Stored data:

● ● ● ● ● ● ●

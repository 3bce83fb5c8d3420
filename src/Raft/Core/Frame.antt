-- ===== src/Raft/Core/Frame.antt =====
-- What replication and commitment leave alone (raft_core_append.cpp): they change no vote, no entry
-- and no member, and ask for nothing to be stored.
use adviskv.Base.{
  ◌≡◌, ◌≤◌, ◌&&◌, refl, ◌∙◌, List, [], ◌∷◌, Option, none, some, ℕ, Bool-cases, inl, inr, arith,
}
use adviskv.Model.{RaftMember, fail}
use adviskv.Raft.Log.{RaftLog}
use adviskv.Raft.Election.{is_leader}
use adviskv.Raft.Membership.{has_quorum}
use adviskv.Raft.Apply.{RaftApply}
use adviskv.Raft.Message.{RaftEffects, RaftMessage}
use adviskv.Raft.Replication
use adviskv.Raft.Replication.{RaftReplication, broadcast_to, push_if_some, try_advance_commit_index}
use adviskv.Raft.Replication.Commit.{le-try_advance, last_applied-try_advance}
use adviskv.Raft.Core.{RaftCore, current_term, ensure_ready}
use adviskv.Raft.Core.Append.{
  broadcast_append_entries, announce_commit, try_update_commit_index, replicate,
}

-- The effects differ in the messages at most.
pub record SameStored (fx fx' : RaftEffects) : Type 0 where
  pub hard_state : fx'.hard_state ≡ fx.hard_state
  pub appended : fx'.entries_to_append ≡ fx.entries_to_append
  pub rewritten : fx'.entries_to_rewrite ≡ fx.entries_to_rewrite

pub record Quiet (c : RaftCore) (fx : RaftEffects) (c' : RaftCore) (fx' : RaftEffects)
    : Type 0 where
  pub self_id : c'.self_id ≡ c.self_id
  pub election : c'.election ≡ c.election
  pub raft_log : c'.raft_log ≡ c.raft_log
  pub membership : c'.membership ≡ c.membership
  pub commit_index : c.raft_apply.commit_index ≤ c'.raft_apply.commit_index
  pub last_applied : c'.raft_apply.last_applied ≡ c.raft_apply.last_applied
  pub recovering : c'.recovering ≡ c.recovering
  pub stored : SameStored fx fx'

pub SameStored-refl : (fx : RaftEffects) → SameStored fx fx
SameStored-refl fx = record { hard_state = refl; appended = refl; rewritten = refl }

pub SameStored-trans :
    {fx fx' fx'' : RaftEffects} → SameStored fx fx' → SameStored fx' fx'' → SameStored fx fx''
SameStored-trans s t = record {
  hard_state = t.hard_state ∙ s.hard_state;
  appended = t.appended ∙ s.appended;
  rewritten = t.rewritten ∙ s.rewritten;
}

pub Quiet-refl : (c : RaftCore) (fx : RaftEffects) → Quiet c fx c fx
Quiet-refl c fx = record {
  self_id = refl;
  election = refl;
  raft_log = refl;
  membership = refl;
  commit_index = omega arith;
  last_applied = refl;
  recovering = refl;
  stored = SameStored-refl fx;
}

pub Quiet-trans :
    {c c' c'' : RaftCore} {fx fx' fx'' : RaftEffects}
    → Quiet c fx c' fx'
    → Quiet c' fx' c'' fx''
    → Quiet c fx c'' fx''
Quiet-trans s t = record {
  self_id = t.self_id ∙ s.self_id;
  election = t.election ∙ s.election;
  raft_log = t.raft_log ∙ s.raft_log;
  membership = t.membership ∙ s.membership;
  commit_index = omega (arith, s.commit_index, t.commit_index);
  last_applied = t.last_applied ∙ s.last_applied;
  recovering = t.recovering ∙ s.recovering;
  stored = SameStored-trans s.stored t.stored;
}

push_if_some-SameStored :
    (o : Option RaftMessage) (fx : RaftEffects) → SameStored fx (push_if_some o fx)
unfolding push_if_some
push_if_some-SameStored none fx = SameStored-refl fx
push_if_some-SameStored (some msg) fx = record {
  hard_state = refl;
  appended = refl;
  rewritten = refl;
}

broadcast_to-SameStored :
    (m : RaftMember) (l : RaftLog) (a : RaftApply) (term : ℕ) (r : RaftReplication)
    (fx : RaftEffects)
    → SameStored fx (broadcast_to m l a term (r, fx)).1
unfolding broadcast_to
broadcast_to-SameStored m l a term r fx = ground arith

pub broadcast-SameStored :
    (ms : List RaftMember) (l : RaftLog) (a : RaftApply) (term : ℕ) (r : RaftReplication)
    (fx : RaftEffects)
    → SameStored fx (Replication.broadcast_append_entries ms l a term (r, fx)).1
unfolding Replication.broadcast_append_entries
broadcast-SameStored [] l a term r fx = SameStored-refl fx
broadcast-SameStored (m ∷ ms) l a term r fx =
    let (r', fx') = broadcast_to m l a term (r, fx) in
    SameStored-trans (broadcast_to-SameStored m l a term r fx)
      (broadcast-SameStored ms l a term r' fx')

pub broadcast-Quiet :
    (c : RaftCore) (fx : RaftEffects)
    → let (c', fx') = broadcast_append_entries c fx in Quiet c fx c' fx'
unfolding broadcast_append_entries
broadcast-Quiet c fx = ground (
  arith,
  broadcast-SameStored c.membership.members c.raft_log c.raft_apply c.election.current_term
      c.replication fx,
)

announce_commit-Quiet :
    (old : ℕ) (c : RaftCore) (fx : RaftEffects)
    → let (c', fx') = announce_commit old c fx in Quiet c fx c' fx'
unfolding announce_commit
announce_commit-Quiet old c fx = ground (arith, broadcast-Quiet c fx, Quiet-refl c fx)

advance_commit-Quiet :
    (c : RaftCore) (fx : RaftEffects)
    → Quiet c fx
        (record c {
          raft_apply =
              try_advance_commit_index c.replication c.membership c.raft_log
                (current_term c)
                c.raft_apply;
        })
        fx
advance_commit-Quiet c fx = record {
  self_id = refl;
  election = refl;
  raft_log = refl;
  membership = refl;
  commit_index = le-try_advance c.replication c.membership c.raft_log (current_term c) c.raft_apply;
  last_applied =
      last_applied-try_advance c.replication c.membership c.raft_log (current_term c) c.raft_apply;
  recovering = refl;
  stored = SameStored-refl fx;
}

pub try_update-Quiet :
    (c : RaftCore) (fx : RaftEffects)
    → let (c', fx') = try_update_commit_index c fx in Quiet c fx c' fx'
unfolding try_update_commit_index
try_update-Quiet c fx = elim (Bool-cases (fail (ensure_ready c))) [
  | inl down ↦ rw down (Quiet-refl c fx)
  | inr ready ↦ rw ready (Quiet-trans (advance_commit-Quiet c fx) (announce_commit-Quiet _ _ fx))
]

pub replicate-Quiet :
    (c : RaftCore) (fx : RaftEffects) → let (c', fx') = replicate c fx in Quiet c fx c' fx'
unfolding replicate
replicate-Quiet c fx =
    let (c', fx') = broadcast_append_entries c fx in
    elim (Bool-cases (is_leader c'.election && has_quorum c'.membership 1)) [
      | inl alone ↦ rw alone (Quiet-trans (broadcast-Quiet c fx) (try_update-Quiet c' fx'))
      | inr more ↦ rw more (broadcast-Quiet c fx)
    ]
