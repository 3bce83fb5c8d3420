-- ===== src/Raft/Log/Append.antt =====
-- `append_new_entry` (raft_log.cpp): how a leader's log grows.
use adviskv.Base.{
  ℕ, ◌+◌, ◌-◌, ◌≤◌, ◌<◌, ◌≡◌, refl, ap, ◌∙◌, sym, [], ◌∷◌, ◌++◌, length, arith, length-append,
  get_elem?-append_left, get_elem?-append_end, some,
}
use adviskv.Model.{LogEntry, ProposeParam, write, noop, config_change}
use adviskv.Raft.Log.{
  RaftLog, last_log_index, entry_at, append_new_entry, make_entry, index_request_id,
}
use adviskv.Raft.Log.Shape.{
  Contiguous-append, IsValid, last_log_index-eq, entry_at_above, index_requests-append,
}

pub make_entry-index :
    (term index : ℕ) (param : ProposeParam) → (make_entry term index param).index ≡ index
unfolding make_entry
make_entry-index term index (write op key value request_id expected) = refl
make_entry-index term index noop = refl
make_entry-index term index (config_change op member target) = refl

pub make_entry-term :
    (term index : ℕ) (param : ProposeParam) → (make_entry term index param).term ≡ term
unfolding make_entry
make_entry-term term index (write op key value request_id expected) = refl
make_entry-term term index noop = refl
make_entry-term term index (config_change op member target) = refl

pub append_new_entry-IsValid :
    (l : RaftLog) (term : ℕ) (param : ProposeParam)
    → IsValid l
    → IsValid (append_new_entry l term param).0
unfolding append_new_entry
append_new_entry-IsValid l term param v =
    let e = make_entry term (last_log_index l + 1) param in
    record {
      contiguous = Contiguous-append l.snapshot_index l.log_entries e v.contiguous (
          omega (arith, make_entry-index term (last_log_index l + 1) param, last_log_index-eq l v));
      indexed = ap (index_request_id e) v.indexed ∙ sym (index_requests-append [] l.log_entries e);
    }

-- On a well-formed log a new entry goes to the end under the next index, and the older ones stay
-- where they are.
pub append_new_entry_lem :
    (l : RaftLog) (term : ℕ) (param : ProposeParam)
    → IsValid l
    → let (l', index) = append_new_entry l term param in
      (index ≡ last_log_index l + 1)
      × (last_log_index l' ≡ index)
      × (entry_at l' index ≡ some (make_entry term index param))
      × ((i : ℕ) → i ≤ last_log_index l → l.snapshot_index < i → entry_at l' i ≡ entry_at l i)
unfolding append_new_entry entry_at
append_new_entry_lem l term param v = (place, last, new, old)
  where
    e : LogEntry
    e = make_entry term (last_log_index l + 1) param

    l' : RaftLog
    l' = (append_new_entry l term param).0

    size : length (l.log_entries ++ e ∷ []) ≡ length l.log_entries + 1
    size = length-append l.log_entries (e ∷ [])

    before : last_log_index l ≡ l.snapshot_index + length l.log_entries
    before = last_log_index-eq l v

    place : (append_new_entry l term param).1 ≡ last_log_index l + 1
    place = make_entry-index term (last_log_index l + 1) param

    last : last_log_index l' ≡ (append_new_entry l term param).1
    last =
        omega (
          arith,
          last_log_index-eq l' (append_new_entry-IsValid l term param v),
          size,
          before,
          place,
        )

    at_end : last_log_index l + 1 - l.snapshot_index - 1 ≡ length l.log_entries
    at_end = omega (arith, before)

    new :
        entry_at l' (append_new_entry l term param).1
        ≡ some (make_entry term (append_new_entry l term param).1 param)
    new = rw place (
        entry_at_above l' (last_log_index l + 1) (omega (arith, before))
        ∙ rw at_end (get_elem?-append_end l.log_entries e))

    old : (i : ℕ) → i ≤ last_log_index l → l.snapshot_index < i → entry_at l' i ≡ entry_at l i
    old i h k =
        entry_at_above l' i k
        ∙ get_elem?-append_left l.log_entries (e ∷ []) (i - l.snapshot_index - 1)
            (omega (arith, before))
        ∙ sym (entry_at_above l i k)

● ● ● ● ● ● ●

**BRIEF**.
Check each line above for the string "omega", then copy the ones that have it.

**TASK RESULT**.
  commit_index = omega arith;
  commit_index = omega (arith, s.commit_index, t.commit_index);
          omega (arith, make_entry-index term (last_log_index l + 1) param, last_log_index-eq l v));
        omega (
    at_end = omega (arith, before)
        entry_at_above l' (last_log_index l + 1) (omega (arith, before))
            (omega (arith, before))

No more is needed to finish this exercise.